Love Lies Sleeping

by Tammany



Series: The Sussex Downs [17]
Category: Good Omens (TV), Sherlock (TV)
Genre: Crossover, F/M, Gen, Holmes Brothers, M/M, Mash-up, Other, Watching Someone Sleep, contemplating immortality
Language: English
Status: Completed
Published: 2019-09-18
Updated: 2019-09-18
Packaged: 2020-10-21 11:13:54
Rating: General Audiences
Warnings: No Archive Warnings Apply
Chapters: 1
Words: 942
Publisher: archiveofourown.org
Story URL: https://archiveofourown.org/works/20692583
Author URL: https://archiveofourown.org/users/Tammany/pseuds/Tammany
Summary: For the record, I tend to see angels and demons in human-ish bodies as having real use for food, water, air, shelter from the elements, and, yes, sleep--even if they can also make choices about doing without. And I can't begin to imagine Crowley not choosing to sleep with his angel, or Aziraphale passing up the luxury of then opting to share that sleep with his dear boy.And I see neither of them as being particularly stealthy about it: perhaps a cover-miracle to avert the eyes of strangers and enemies. Beyond that--if neighbors get an eyeful, so what?So...Wherein Mycroft Gets an Eyeful, and Sherlock Provides Commentary





	Love Lies Sleeping

They looked like a Pre-Raphaelite painting. Angel and demon, curled together, wings evident, posed to frame each other. They lay dozing in an eroded cradle of chalk, marked out with streaks of near-black flint. They were, Mycroft noted, ungendered today.

Aziraphale was softened beyond zir normal light layer of pudge, seeming radiantly cherubic. A baby putto, not the kind of cherub Mycroft has come to suspect ze really is: many-winged, argus-eyed, four-faced solar spirit set to guard this world.

Crowley’s lean, stark form and features were also softened, but seemed less childish than fey—and even ungendered ze was far from sexless.

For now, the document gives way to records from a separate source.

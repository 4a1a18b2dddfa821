-- ===== src/Tests/Routes.antt =====
-- The routes.
use agentic_enterprise.Base.{
  ◌≡◌, refl, false, none, some, List, [], codes, text_eq, attribute_error, failure, http_exception,
  Result, ok, err,
}
use agentic_enterprise.Schemas.{pos, AgentRequest}
use agentic_enterprise.Ownership.{is_admin, owner_of}
use agentic_enterprise.Memory.{MemoryHit}
use agentic_enterprise.Api.{Values, App}
use agentic_enterprise.Api.Run.{run_route}
use agentic_enterprise.Api.Rows.{Recorded, run_route-Recorded}
use agentic_enterprise.Api.Access.{foreign_thread_is_refused}
use agentic_enterprise.Api.Threads.{
  thread_history, resume_thread, fork_thread, edit_thread_checkpoint, thread_branches,
}
use agentic_enterprise.Api.Queries.{analyze_investment}
use agentic_enterprise.Api.Recall.{remember_thread_fact}
use agentic_enterprise.Api.Broken.{analysis_needs_session}
use agentic_enterprise.Tests.Parts.{
  driver, driver-FollowsGraph, llm, services, services-Appends, db, start, user,
}

abbrev pub app : App
app = record {
  services = services;
  build_workflow = ok tt;
  get_sovereign_llm = llm;
  bind_tools = ok llm;
  executor = driver;
  saved = λ config. none;
  resume = λ context config. ok start;
  checkpoints = record {
    aget_state_history = λ config limit. ok [];
    aget_state = λ config. err failure;
  };
  aupdate_state = λ config values node. ok (some (codes "c"));
  is_uuid = λ text. false;
}

abbrev pub payload : AgentRequest
payload = record {
  request_id = codes "r1";
  conversation_id = none;
  task_description = codes "hello there";
  agent_id = codes "a";
  priority = pos 1;
}

run_route-Recorded_example : Recorded payload db (run_route app user payload db)
run_route-Recorded_example = run_route-Recorded app user payload db

abbrev no_values : Values
no_values = record { critique = none; revision_count = none }

foreign_thread_is_refused_example :
    (thread_history app (codes "t2") user 5 db ≡ (err (http_exception 403), db))
    × (resume_thread app (codes "t2") user db ≡ (err (http_exception 403), db))
    × (fork_thread app (codes "t2") user [] [] db ≡ (err (http_exception 403), db))
    × (edit_thread_checkpoint app (codes "t2") user [] [] no_values db
        ≡ (err (http_exception 403), db))
    × (thread_branches app (codes "t2") user 5 db ≡ (err (http_exception 403), db))
    × (remember_thread_fact app [] (codes "t2") user [] db
        ≡ (err (http_exception 403), db, app.services.memories))
unfolding is_admin owner_of text_eq
foreign_thread_is_refused_example =
    foreign_thread_is_refused app (codes "t2") user (codes "third") db refl refl refl 5 [] [] []
      no_values

abbrev or_none : Result (List MemoryHit) → List MemoryHit
or_none (ok hits) = hits
or_none (err e) = []

analysis_needs_session_example :
    analyze_investment app (codes "1") user (codes "AAPL") ≡ err attribute_error
unfolding is_admin text_eq
analysis_needs_session_example =
    analysis_needs_session app driver-FollowsGraph services-Appends (codes "1") user (codes "AAPL")
      refl refl refl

Ze could, Mycroft thought, walk through a convocation of celibates and set the house on fire and all the members of either sex throbbing. Pun intended. Mycroft couldn’t decide if it was a matter of demonic nature, or just that the demon seems designed by God herself to call to the inner longings of humankind. Even sexless, crotch bare and spare and obviously built with chastity in mind, Crowley remains “sex-lies-sleeping.” The slender limbs and body muscled like a juvenile swimmer still evoke more adult pleasures. Especially when cradling the more innocent angel in zir arms

There was certainly a level of physicality to the relationship—and an aura of romantic extremes that seemed both alien to zeir spiritual selves, and at the same time perhaps the only appropriate way for Celestial and Infernal beings to love. It would take so much depth of love to weather infinity. Myroft could not believe these two could separate in the ashes of a burned out love without both spirits shattering.

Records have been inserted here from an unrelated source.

-- ===== src/Tests/Conversations.antt =====
-- Conversations that POST /run begins.
use agentic_enterprise.Base.{◌≡◌, refl, none, some, [], codes, text_eq, http_exception, ok, err}
use agentic_enterprise.Ownership.{is_admin, owner_of}
use agentic_enterprise.Api.{App, Values}
use agentic_enterprise.History.{thread_timeline, is_interrupted}
use agentic_enterprise.Api.Run.{run_thread, run_route}
use agentic_enterprise.Api.Threads.{
  thread_history, resume_thread, fork_thread, edit_thread_checkpoint, thread_branches,
}
use agentic_enterprise.Api.Recall.{remember_thread_fact}
use agentic_enterprise.Api.Claiming.{history_of, conversation_goes_to_first_asker}
use agentic_enterprise.Tests.Parts.{db, user}
use agentic_enterprise.Tests.Routes.{app, payload}

-- Threads without checkpoints.
abbrev empty_app : App
empty_app = record app {
  checkpoints = record {
    aget_state_history = λ config limit. ok [];
    aget_state = λ config. ok (record {
      checkpoint_id = none;
      parent_config = none;
      next = [];
      messages = none;
      status = none;
      created_at = none;
      source = none;
      step = none;
    });
  };
}

abbrev no_values : Values
no_values = record { critique = none; revision_count = none }

conversation_goes_to_first_asker_example :
    let t = run_thread payload in
    let db₁ = (run_route empty_app user payload db).1 in
    let (seen, db₂) = thread_history empty_app t (codes "third") 5 db₁ in
    (seen ≡ history_of empty_app t 5)
    × (owner_of t db₂.ownership ≡ some (codes "third"))
    × (thread_history empty_app t user 5 db₂ ≡ (err (http_exception 403), db₂))
    × (resume_thread empty_app t user db₂ ≡ (err (http_exception 403), db₂))
    × (fork_thread empty_app t user (codes "c1") (codes "well") db₂
        ≡ (err (http_exception 403), db₂))
    × (edit_thread_checkpoint empty_app t user (codes "c1") (codes "critic") no_values db₂
        ≡ (err (http_exception 403), db₂))
    × (thread_branches empty_app t user 5 db₂ ≡ (err (http_exception 403), db₂))
    × (remember_thread_fact empty_app (codes "c1") t user (codes "well") db₂
        ≡ (err (http_exception 403), db₂, empty_app.services.memories))
unfolding is_admin owner_of text_eq run_thread thread_timeline is_interrupted
conversation_goes_to_first_asker_example =
    conversation_goes_to_first_asker empty_app payload user (codes "third") db 5 _ (codes "c1")
      (codes "well") (codes "critic") no_values refl refl refl refl refl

He studied the way body bent into body, itching to grab a pencil and see if he had any knack left for portraiture. He forced himself to discipline. At the very least, he would ask permission to sketch zem the next time zey lay sleeping in the sun, in a fold of the white chalk cliffs. He had, somehow, no doubt zey would do so again, and leave zemselves visible to at least those mortal neighbors zey’d chosen to trust with zeir true natures.

The angel curved in, head on zir lover’s breast, hand resting on Crowley’s flat, smooth chest. Zer upper leg hooked over Crowley’s knees, lush and plush and tender, foot nestling between the demon’s shins. Crowley, in turn, lay under zer lover, head turned down, face pressed into the riot of silver-gold hair. Zer own cascade of deep, slightly sooty red flowed over the demon's neck and shoulders and stirred at the angel’s breath. Crowley's lower arm slipped under Aziraphale’s neck, hand disappearing under the mound of dense, short white feathers that hid where wings joined body. Zir upper arm clung firmly around Aziraphale’s waist, possessive. Zeir wings were folded—but relaxed, falling loose. Crowley’s jet primaries brushed both angel and demon’s feet. Aziraphale’s white curved just enough—just a trace, so that the upper line of bone cupped zir shoulder, and shaded Crowley’s fingers where they held firm at his angel's waist.

The wind from the ocean stirred over them, ruffling feathers, sending Aziraphale’s blizzard of cow-licks fluttering, stirring the heavy burgundy waves of Crowley’s glory. The angel and demon stirred, too, never quite entirely still, never really active. Aziraphale’s fingers stroked Crowley’s clavicle. Crowley shifted and kissed his beloved’s hair, a smile coming and going peacefully as the kisses themselves.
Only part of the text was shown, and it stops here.